A proposal is to, for now, handle this like we do with calculations: i.e., workflows is an "empty" entry type, that databases can populate with their own database-specific-prefix identifiers.

Both with this proposal and the existing calculations, these are now actually quite useful with the recent introduction of queries on relationships. Just from that mechanism there would directly be a standardized way to filter on, e.g., "what other calculations were produced using the same workflow as this one".

rartino avatar Jul 03 '19 13:07 rartino

As per discussion with @gmrigna during the workshop 2022, standardization and exchange of workflows between the different engines (AiiDA, FireWorks, etc.) seems more actual and demanded with time. The recent publication along with the aiida-common-workflows repository shows an ongoing work in progress.

blokhin avatar Jun 07 '22 18:06 blokhin

At the workshop 2023 a few of us, @gmrigna, @utf, @giovannipizzi, me and others were discussing workflow standardization. This lead up to some form of design idea. No claim here of consensus, just that the discussions spawned the ideas below - take this as fairly loose thoughts at this point.

Essentially, the idea is:

  • Mimic our property definitions but for abstract workflow declarations that just declare inputs (as OPTIMADE properties), outputs (also OPTIMADE properties) and a definition (think: a text description, but can be amended with other fields, e.g., links, etc.) and gives them a static, versioned URI.
  • Somewhere, in these declarations, or external to them, specify how some workflows can be implemented using others, e.g., how a "phonon" workflow can be broken down into static calculations of "energy + forces". (Sometimes this is automatically derivable because everything operates on the same space of inputs/outputs, but sometimes we need, e.g., flow control and branching?)
  • Codes and workflow engines can now publish a set of "I know how to do that"-declarations that specifies a URI for an abstract workflow declaration and describe, e.g. using CWL, exactly what to execute.
  • If a user now points to an abstract workflow and says "I want to do this", or "I want to do this with atomate and any code", or "I want to do this with httk and VASP", a 'resolver' can dig through all workflows + all "I know how to do this" declarations it is aware of and find one or more implementation strategies for the workflow.

This also fits with how one can start to build a provenance structure for OPTIMADE. A calculations entry can now be categorized based on the high level workflow that in the end was executed + the description of the workflows it ended up actually executing in the end + the first inputs + final outputs (described as OPTIMADE entries).

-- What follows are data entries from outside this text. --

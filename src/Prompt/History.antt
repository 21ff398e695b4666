-- ===== src/Prompt/History.antt =====
-- The keys of prompt.c that go through the history keep the invariant of the line editor.
use app_c_platform.Base.{
  ℕ, zero, suc, ◌+◌, ◌-◌, ◌<◌, ◌≤◌, ◌≡◌, inl, inr, Bool, false, List, Option, none, some, ◌==◌,
  if◌then◌else◌, length, take, add64, arith, refl, sym, ◌∙◌, ap, subst, add64-eq, lt→ltb, le→ltb,
  Option-cases, length-take, ==_iff, ne→==,
}
use native.Mathlib.Decide.{ℕ_discrete, dec_lt}
use mathlib.Core.Option.{some-injective, none-ne-some}
use app_c_platform.Hashtable.Store.{until_nul}
use app_c_platform.PromptEdit.{Resolved, Ensured, ensured, short, endless}
use app_c_platform.PromptEdit.Laws.{ensure_capacity_lem}
use app_c_platform.Prompt.{
  Context, Prompt, hist_idx, put_line, set_context, set_line, browse_to, history_browse_prev,
  browse_on, history_browse_next,
}
use app_c_platform.Prompt.Valid.{
  IsResolved, IsLine, IsContext, IsPrompt, IsLine-mono, IsContext-mono, NoNul-take, until_nul_same,
  set_context-IsPrompt,
}

module _ (l : Resolved) (limits : IsResolved l) where
  -- The call comes back, with the invariant.
  abbrev pub Stays : Option Prompt → Type 0
  Stays o = (p' : Prompt) × (o ≡ some p') × IsPrompt l p'

  pub put_line-IsPrompt :
      (p : Prompt) (line : List ℕ)
      → IsPrompt l p
      → IsLine p.edit_cap line
      → IsPrompt l (put_line p line)
  put_line-IsPrompt p line v h = record {
    edited = h;
    cap_ge = v.cap_ge;
    cap_le = v.cap_le;
    in_line = omega arith;
    context = v.context;
  }

  -- A larger buffer.
  pub grown-IsPrompt :
      (p : Prompt) (c : ℕ)
      → IsPrompt l p
      → p.edit_cap ≤ c
      → c ≤ l.max_bytes
      → IsPrompt l (record p { edit_cap = c })
  grown-IsPrompt p c v a b = record {
    edited = IsLine-mono p.edit_cap c p.edit_buf a v.edited;
    cap_ge = omega (arith, v.cap_ge);
    cap_le = b;
    in_line = v.in_line;
    context = λ site. IsContext-mono l p.edit_cap c (p.contexts site) a (v.context site);
  }

  pub set_line-Stays :
      (p : Prompt) (line : List ℕ) (grants : Bool)
      → IsPrompt l p
      → IsLine l.max_bytes line
      → Stays (set_line l p line grants)
  unfolding set_line
  set_line-Stays p line grants v h =
      let wrap = add64-eq (length line) 1 (omega (arith, h.fits, limits.few_bytes)) in
      let on : Ensured → Option Prompt = λ e. elim e [
        | ensured new_cap ↦ some (put_line (record p { edit_cap = new_cap }) line)
        | short ↦ some (put_line p (take (p.edit_cap - 1) line))
        | endless ↦ none
      ] in
      elim (ensure_capacity_lem grants p.edit_cap l.max_bytes (add64 (length line) 1) v.cap_le) [
        | inl (c, e, a, b, m) ↦ (
          put_line (record p { edit_cap = c }) line,
          ap on e,
          put_line-IsPrompt (record p { edit_cap = c }) line (grown-IsPrompt p c v b m)
              (record { fits = omega (arith, wrap); no_nul = h.no_nul }),
        )
        | inr (e, a, b) ↦ (
          put_line p (take (p.edit_cap - 1) line),
          ap on e,
          put_line-IsPrompt p (take (p.edit_cap - 1) line) v (record {
            fits = omega (arith, length-take (p.edit_cap - 1) line, v.cap_ge);
            no_nul = NoNul-take (p.edit_cap - 1) line h.no_nul;
          }),
        )
      ]

  -- The context with another place in the history.
  pub moved-IsContext :
      (cap : ℕ) (ctx : Context) (o : Option ℕ)
      → IsContext l cap ctx
      → ((i : ℕ) → o ≡ some i → i < ctx.count)
      → IsContext l cap (record ctx { browse_idx = o })
  moved-IsContext cap ctx o v h = record {
    lines = v.lines;
    saved = v.saved;
    first_lt = v.first_lt;
    count_le = v.count_le;
    browsed = h;
  }

  browse_to-Stays :
      (p : Prompt) (site : ℕ) (ctx : Context) (index : ℕ) (grants : Bool)
      → IsPrompt l p
      → IsContext l p.edit_cap ctx
      → index < ctx.count
      → Stays (browse_to l p site ctx index grants)
  unfolding browse_to
  browse_to-Stays p site ctx index grants v c lt =
      let p' = set_context p site (record ctx { browse_idx = some index }) in
      let v' : IsPrompt l p' =
        set_context-IsPrompt l limits p site (record ctx { browse_idx = some index }) v
          (moved-IsContext p.edit_cap ctx (some index) c
            (λ i e. subst (λ n. n < ctx.count) (some-injective index i e) lt)) in
      let on : Option (List ℕ) → Option Prompt =
        λ o. elim o [ none ↦ some p' | some entry ↦ set_line l p' entry grants ] in
      elim (Option-cases (ctx.entries (hist_idx l ctx index))) [
        | inl e ↦ (p', ap on e, v')
        | inr (entry, e) ↦
            let (p'', q, w) = set_line-Stays p' entry grants v' (
              IsLine-mono p.edit_cap l.max_bytes entry v.cap_le
                (c.lines (hist_idx l ctx index) entry e)) in
            (p'', ap on e ∙ q, w)
      ]

  pub up-Stays :
      (p : Prompt) (site : ℕ) (grants : Bool)
      → IsPrompt l p
      → Stays (history_browse_prev l p site grants)
  unfolding history_browse_prev
  up-Stays p site grants v =
      let ctx = p.contexts site in
      let c = v.context site in
      let saving : Context = record ctx { saved_line = until_nul p.edit_buf } in
      let saved : IsContext l p.edit_cap saving = record {
        lines = c.lines;
        saved =
            subst (IsLine l.max_bytes) (sym (until_nul_same p.edit_buf v.edited.no_nul))
              (IsLine-mono p.edit_cap l.max_bytes p.edit_buf v.cap_le v.edited);
        first_lt = c.first_lt;
        count_le = c.count_le;
        browsed = c.browsed;
      } in
      let on : Bool → Option ℕ → Option Prompt = λ b o. if b then some p else elim o [
        | none ↦ browse_to l p site saving (ctx.count - 1) grants
        | some zero ↦ some p
        | some (suc index) ↦ browse_to l p site ctx index grants
      ] in
      elim (ℕ_discrete ctx.count 0) [
        | yes z ↦ (p, ap (λ b. on b ctx.browse_idx) ((==_iff ctx.count 0).1 z), v)
        | no n ↦
            let b : (ctx.count == 0) ≡ false = ne→== ctx.count 0 n in
            elim (Option-cases ctx.browse_idx) [
              | inl e ↦
                  let (p', q, w) =
                    browse_to-Stays p site saving (ctx.count - 1) grants v saved (omega arith) in
                  (p', ap (λ b. on b ctx.browse_idx) b ∙ ap (on false) e ∙ q, w)
              | inr (i, e) ↦
                  let (p', q, w) = further i (c.browsed i e) in
                  (p', ap (λ b. on b ctx.browse_idx) b ∙ ap (on false) e ∙ q, w)
            ]
      ]
    where
      further :
          (i : ℕ)
          → i < (p.contexts site).count
          → Stays (elim i as (λ n. Option Prompt) [
            | zero ↦ some p
            | suc index ↦ browse_to l p site (p.contexts site) index grants
          ])
      further zero h = (p, refl, v)
      further (suc index) h =
          browse_to-Stays p site (p.contexts site) index grants v (v.context site) (omega arith)

  browse_on-Stays :
      (p : Prompt) (site : ℕ) (index : ℕ) (grants : Bool)
      → IsPrompt l p
      → (p.contexts site).browse_idx ≡ some index
      → Stays (browse_on l p site (p.contexts site) index grants)
  unfolding browse_on
  browse_on-Stays p site index grants v at_index =
      let ctx = p.contexts site in
      let c = v.context site in
      let p' = set_context p site (record ctx { browse_idx = some (index + 1) }) in
      let p'' = set_context p site (record ctx { browse_idx = none }) in
      let on : Option (List ℕ) → Option Prompt =
        λ o. elim o [ none ↦ some p' | some entry ↦ some (put_line p' entry) ] in
      let newer : Option Prompt = on (ctx.entries (hist_idx l ctx (index + 1))) in
      let oldest : Option Prompt = set_line l p'' ctx.saved_line grants in
      let step : Bool → Option Prompt = λ b. if b then newer else oldest in
      elim (dec_lt index (ctx.count - 1)) [
        | yes lt ↦
            let v' : IsPrompt l p' =
              set_context-IsPrompt l limits p site (record ctx { browse_idx = some (index + 1) }) v
                (moved-IsContext p.edit_cap ctx (some (index + 1)) c (λ i e.
                  subst (λ n. n < ctx.count) (some-injective (index + 1) i e) (omega arith))) in
            let b = ap step (lt→ltb index (ctx.count - 1) lt) in
            elim (Option-cases (ctx.entries (hist_idx l ctx (index + 1)))) [
              | inl e ↦ (p', b ∙ ap on e, v')
              | inr (entry, e) ↦ (
                put_line p' entry,
                b ∙ ap on e,
                put_line-IsPrompt p' entry v' (c.lines (hist_idx l ctx (index + 1)) entry e),
              )
            ]
        | no ge ↦
            let v' : IsPrompt l p'' =
              set_context-IsPrompt l limits p site (record ctx { browse_idx = none }) v
                (moved-IsContext p.edit_cap ctx none c (λ i e. absurd (none-ne-some i e))) in
            let (q, e, w) = set_line-Stays p'' ctx.saved_line grants v' c.saved in
            (q, ap step (le→ltb index (ctx.count - 1) (omega arith)) ∙ e, w)
      ]

  pub down-Stays :
      (p : Prompt) (site : ℕ) (grants : Bool)
      → IsPrompt l p
      → Stays (history_browse_next l p site grants)
  unfolding history_browse_next
  down-Stays p site grants v =
      let ctx = p.contexts site in
      let on : Option ℕ → Option Prompt =
        λ o. elim o [ none ↦ some p | some index ↦ browse_on l p site ctx index grants ] in
      elim (Option-cases ctx.browse_idx) [
        | inl e ↦ (p, ap on e, v)
        | inr (index, e) ↦
            let (p', q, w) = browse_on-Stays p site index grants v e in (p', ap on e ∙ q, w)
      ]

I then imagine a very similar design can be set up for experiments, where a workflow now is an experimental procedure with inputs and ouputs, and an /experiments endpoint is used to categorize experiments based on the abstract experimental procedure executed, how it was broken down into substeps, the original inputs and final outputs (described as OPTIMADE entries).

rartino avatar Jun 11 '23 20:06 rartino

First of all, thanks @rartino for summarizing and formalizing our discussions. I also think that it might be nice to involve @gpetretto and @davidwaroquiers in subsequent discussions.

gmrigna avatar Jun 12 '23 08:06 gmrigna